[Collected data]
⁂

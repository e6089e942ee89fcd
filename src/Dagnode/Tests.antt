-- ===== src/Dagnode/Tests.antt =====
-- The theorems about nodes at two blocks: a directory with one link, and a raw block.
use ipfs_content.Prelude.{
  ℕ, ◌≤◌, ◌≡◌, refl, Bool, true, false, Option, none, some, [], ◌∷◌, arith, length, get_elem?, ok,
  pos, if◌then◌else◌, nat_beq,
}
use ipfs_content.Blockstore.{Bytes, Block}
use ipfs_content.Paths.{normalize_cid}
use ipfs_content.Paths.Samples.{two_cids}
use ipfs_content.Dagnode.{
  CidBytes, CidBytesLaw, Node, NodeInfo, FsNode, proto_node, data_directory, analyze_node,
  get_link_at, get_cid, link_count, detect_partial_file,
}
use ipfs_content.Dagnode.Links.{present, link_of, get_link_at-analyze_node}
use ipfs_content.Dagnode.Partial.{partial_answer, detect_partial_file-partial_node}

abbrev bytes_of : Bool → Bytes
bytes_of false = 18 ∷ []
bytes_of true = 1 ∷ []

abbrev cast_bytes : Bytes → Option Bool
cast_bytes [] = none
cast_bytes (b ∷ rest) = if nat_beq b 18 then some false else some true

cast_bytes-bytes_of : (c : Bool) → cast_bytes (bytes_of c) ≡ some c
cast_bytes-bytes_of false = refl
cast_bytes-bytes_of true = refl

abbrev byte_cids : CidBytes Bool
byte_cids = record { bytes = bytes_of; cast = cast_bytes }

instance abbrev byte_cids_law : CidBytesLaw byte_cids
byte_cids_law = record { cast-bytes = cast_bytes-bytes_of }

-- A link of version 0 behind a nil link.
abbrev directory : Node Bool
directory = record {
  kind = proto_node (8 ∷ 1 ∷ []);
  links = none ∷ some (record { name = "a.txt"; size = 3; cid = false }) ∷ [];
}

abbrev decode_block : Block Bool → Option (Node Bool)
decode_block block = elim block.data_of [ [] ↦ none | b ∷ rest ↦ some directory ]

abbrev fs_node_from_bytes : Bytes → Option FsNode
fs_node_from_bytes content =
    some (record { data_type = data_directory; file_size = 0; block_sizes = [] })

abbrev dir_block : Block Bool
dir_block = record { cid = false; data_of = 10 ∷ 11 ∷ [] }

two_versions : (c : Bool) → two_cids.version c ≤ 1
two_versions false = omega arith
two_versions true = omega arith

get_link_at-analyze_node_example :
    (info : NodeInfo) × (analyze_node two_cids byte_cids decode_block fs_node_from_bytes dir_block
      ≡ ok info)
    × ((i : ℕ)
        → get_link_at byte_cids info (pos i)
          ≡ link_of two_cids byte_cids (get_elem? (present directory.links) i))
    × (link_count info ≡ length (present directory.links))
    × (get_cid byte_cids info ≡ normalize_cid two_cids false)
get_link_at-analyze_node_example =
    get_link_at-analyze_node two_cids byte_cids two_versions decode_block fs_node_from_bytes
      dir_block directory refl

detect_partial_file-partial_node_example :
    detect_partial_file two_cids byte_cids decode_block fs_node_from_bytes dir_block
    ≡ partial_answer fs_node_from_bytes (decode_block dir_block)
detect_partial_file-partial_node_example =
    detect_partial_file-partial_node two_cids byte_cids decode_block fs_node_from_bytes dir_block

⁂

- **Work task**: Copy the lines above exactly, leaving every word as it is.

- **Answer space**:
repository e6089e942ee89fcd
filename src/Dagnode/Tests.antt
-- ===== src/Dagnode/Tests.antt =====
-- The theorems about nodes at two blocks: a directory with one link, and a raw block.
use ipfs_content.Prelude.{
  ℕ, ◌≤◌, ◌≡◌, refl, Bool, true, false, Option, none, some, [], ◌∷◌, arith, length, get_elem?, ok,
  pos, if◌then◌else◌, nat_beq,
}
use ipfs_content.Blockstore.{Bytes, Block}
use ipfs_content.Paths.{normalize_cid}
use ipfs_content.Paths.Samples.{two_cids}
use ipfs_content.Dagnode.{
  CidBytes, CidBytesLaw, Node, NodeInfo, FsNode, proto_node, data_directory, analyze_node,
  get_link_at, get_cid, link_count, detect_partial_file,
}
use ipfs_content.Dagnode.Links.{present, link_of, get_link_at-analyze_node}
use ipfs_content.Dagnode.Partial.{partial_answer, detect_partial_file-partial_node}

abbrev bytes_of : Bool → Bytes
bytes_of false = 18 ∷ []
bytes_of true = 1 ∷ []

abbrev cast_bytes : Bytes → Option Bool
cast_bytes [] = none
cast_bytes (b ∷ rest) = if nat_beq b 18 then some false else some true

cast_bytes-bytes_of : (c : Bool) → cast_bytes (bytes_of c) ≡ some c
cast_bytes-bytes_of false = refl
cast_bytes-bytes_of true = refl

abbrev byte_cids : CidBytes Bool
byte_cids = record { bytes = bytes_of; cast = cast_bytes }

instance abbrev byte_cids_law : CidBytesLaw byte_cids
byte_cids_law = record { cast-bytes = cast_bytes-bytes_of }

-- A link of version 0 behind a nil link.
abbrev directory : Node Bool
directory = record {
  kind = proto_node (8 ∷ 1 ∷ []);
  links = none ∷ some (record { name = "a.txt"; size = 3; cid = false }) ∷ [];
}

abbrev decode_block : Block Bool → Option (Node Bool)
decode_block block = elim block.data_of [ [] ↦ none | b ∷ rest ↦ some directory ]

abbrev fs_node_from_bytes : Bytes → Option FsNode
fs_node_from_bytes content =
    some (record { data_type = data_directory; file_size = 0; block_sizes = [] })

abbrev dir_block : Block Bool
dir_block = record { cid = false; data_of = 10 ∷ 11 ∷ [] }

two_versions : (c : Bool) → two_cids.version c ≤ 1
two_versions false = omega arith
two_versions true = omega arith

get_link_at-analyze_node_example :
    (info : NodeInfo) × (analyze_node two_cids byte_cids decode_block fs_node_from_bytes dir_block
      ≡ ok info)
    × ((i : ℕ)
        → get_link_at byte_cids info (pos i)
          ≡ link_of two_cids byte_cids (get_elem? (present directory.links) i))
    × (link_count info ≡ length (present directory.links))
    × (get_cid byte_cids info ≡ normalize_cid two_cids false)
get_link_at-analyze_node_example =
    get_link_at-analyze_node two_cids byte_cids two_versions decode_block fs_node_from_bytes
      dir_block directory refl

detect_partial_file-partial_node_example :
    detect_partial_file two_cids byte_cids decode_block fs_node_from_bytes dir_block
    ≡ partial_answer fs_node_from_bytes (decode_block dir_block)
detect_partial_file-partial_node_example =
    detect_partial_file-partial_node two_cids byte_cids decode_block fs_node_from_bytes dir_block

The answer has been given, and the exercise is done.